I had a question about using edgeR to perform inference on samples that have been sequenced and that have a consistent amount of external spike-in added to each sample./
In my experiment, I have 10 samples split evenly across two comparison groups. (n = 5 in treatment A, n = 5 in treatment B). These samples were the same type of tissue and were prepared for RNA-Seq. Prior to sequencing, an external spike-in was added to each sample (the same amount per sample). The tissue mass was measured before processing.
I would like to perform a differential expression analysis between the two treatment groups. edgeR inherently normalizes using TMM, treating the data as compositional. However, is it possible to use the spike-in information to scale the TMM factor by an absolute abundance factor, so that we are working on 'absolute' counts? What I have tried so far is the following:
- Calculate a scaling factor, which is the relative abundance of the spike-in.
- Remove the spike-in counts from my samples.

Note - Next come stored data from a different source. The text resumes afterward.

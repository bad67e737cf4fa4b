-- ===== src/Lexer/Scan.antt =====
-- One token of `Lexer.lex`. `str.isdigit` is true of digits outside ASCII too; which ones is the
-- parameter `other_digit`, asked of code points from 128 up.
use l.Base.{
  ℕ, Bool, true, false, Option, none, some, List, [], ◌∷◌, ◌++◌, ◌&&◌, ◌||◌, ltb, ◌==◌,
  if◌then◌else◌, length,
}
use l.Base.Results.{Result, ok, err, ◌>>=◌}
use l.Lexer.Chars.{among, is_space, ascii_digit, starts_name, continues_name, is_hex, is_binary}
use l.Lexer.Cuts.{
  Kind, int, float, byte, string, comment, word, LexError, base_digit_expected, byte_literal_length,
  unexpected_character, Cut, prepend, span_while, head_is, digits, strip_prefix, match_multi, multi,
  single, name_kind, plain, Literal, literal,
}

-- One round of the main loop: white space, a comment or a token, with the text it spans.
pub record Piece : Type 0 where
  pub cut : Cut
  pub token : Option (Kind × List ℕ × Option (List ℕ))

-- a token whose text is what it spans
abbrev pub spelled : Kind → Cut → Piece
spelled k (a, b) = record { cut = (a, b); token = some (k, a, none) }

abbrev pub append_cut : List ℕ → Cut → Cut
append_cut a (b, rest) = (a ++ b, rest)

-- The base prefix 0x or 0b was read as `before`; a digit must follow.
abbrev pub based : List ℕ → (ℕ → Bool) → List ℕ → Result LexError Piece
based before valid cs =
    if head_is valid cs
    then ok (spelled int (append_cut before (digits valid false cs)))
    else err base_digit_expected

module _ (other_digit : ℕ → Bool) where
  -- c.isdigit()
  unfoldable pub is_digit : ℕ → Bool
  unfolding ascii_digit
  is_digit c = if ltb c 128 then ascii_digit c else other_digit c

  -- the fraction: a point with a digit behind it, and digits; false where there is none
  unfoldable pub fraction : List ℕ → Bool × Cut
  unfolding is_digit digits
  fraction (c ∷ cs) =
      if c == 46 && head_is is_digit cs
      then (true, prepend c (digits is_digit true cs))
      else (false, ([], c ∷ cs))
  fraction [] = (false, ([], []))

  -- the exponent: e, a sign or none, and digits
  abbrev pub signed_exponent : ℕ → List ℕ → Bool × Cut
  signed_exponent e (s ∷ cs) =
      if among s (43 ∷ 45 ∷ [])
      then (if head_is is_digit cs
          then (true, prepend e (prepend s (digits is_digit true cs)))
          else (false, ([], e ∷ s ∷ cs)))
      else (if is_digit s
          then (true, prepend e (digits is_digit true (s ∷ cs)))
          else (false, ([], e ∷ s ∷ cs)))
  signed_exponent e [] = (false, ([], e ∷ []))

  unfoldable pub exponent : List ℕ → Bool × Cut
  unfolding is_digit digits among
  exponent (e ∷ cs) =
      if among e (101 ∷ 69 ∷ []) then signed_exponent e cs else (false, ([], e ∷ cs))
  exponent [] = (false, ([], []))

  -- a decimal number whose first digit is c
  unfoldable pub decimal : ℕ → List ℕ → Piece
  unfolding fraction exponent digits is_digit
  decimal c cs =
      let (whole, after_whole) = digits is_digit true cs in
      let (has_fraction, (frac, after_frac)) = fraction after_whole in
      let (has_exponent, (expo, rest)) = exponent after_frac in
      spelled (if has_fraction || has_exponent then float else int)
        (c ∷ (whole ++ (frac ++ expo)), rest)

  abbrev pub after_zero : ℕ → List ℕ → Result LexError Piece
  after_zero c (b ∷ cs) =
      if among b (120 ∷ 88 ∷ [])
      then based (c ∷ b ∷ []) is_hex cs
      else if among b (98 ∷ 66 ∷ [])
      then based (c ∷ b ∷ []) is_binary cs
      else ok (decimal c (b ∷ cs))
  after_zero c [] = ok (decimal c [])

  unfoldable pub number : ℕ → List ℕ → Result LexError Piece
  unfolding decimal among is_hex is_binary
  number c cs = if c == 48 then after_zero c cs else ok (decimal c cs)

  abbrev pub quoted : ℕ → Literal → Result LexError Piece
  quoted quote (bytes, (a, rest)) =
      let text = quote ∷ a in
      if quote == 39
      then (if length bytes == 1
          then ok (record { cut = (text, rest); token = some (byte, bytes, some text) })
          else err byte_literal_length)
      else ok (record { cut = (text, rest); token = some (string, bytes, some text) })

  abbrev pub operator : ℕ → List ℕ → Result LexError Piece
  operator c cs = elim (match_multi multi (c ∷ cs)) [
    | some (op, rest) ↦ ok (spelled (word op) (op, rest))
    | none ↦
        if among c single
        then ok (spelled (word (c ∷ [])) (c ∷ [], cs))
        else err unexpected_character
  ]

  -- The body of `while i < n` at the text c ∷ cs.
  unfoldable pub scan : Bool → ℕ → List ℕ → Result LexError Piece
  unfolding is_space span_while strip_prefix starts_name continues_name is_digit number literal
      match_multi among
  scan keep c cs =
      if is_space c
      then ok (record { cut = span_while is_space (c ∷ cs); token = none })
      else if c == 47 && head_is (λ d. d == 47) cs
      then (let (txt, rest) = span_while (λ d. if d == 10 then false else true) (c ∷ cs) in
          ok (record {
            cut = (txt, rest);
            token = if keep then some (comment, txt, none) else none;
          }))
      else if starts_name c
      then (let (txt, rest) = span_while continues_name cs in
          ok (spelled (name_kind (c ∷ txt)) (c ∷ txt, rest)))
      else if is_digit c
      then number c cs
      else if c == 39 || c == 34
      then (literal c plain cs >>= quoted c)
      else operator c cs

- Perform TMM normalization with edgeR.
- Multiply the TMM normalization scaling factor by my spike-in scaling factor to get a absolute-abundance-scaled TMM factor.
- Proceed per usual with edgeR pipeline.
See below for mock example:
###### 0. Calculating the spike-in factor
# counts_raw = mxn matrix where m = genes, n = samples
spike_in_index <- which(rownames(counts_raw) == 'spike_in')
spike_in_factor <- as.numeric(counts_raw[spike_in_index, ])/colSums(counts_raw)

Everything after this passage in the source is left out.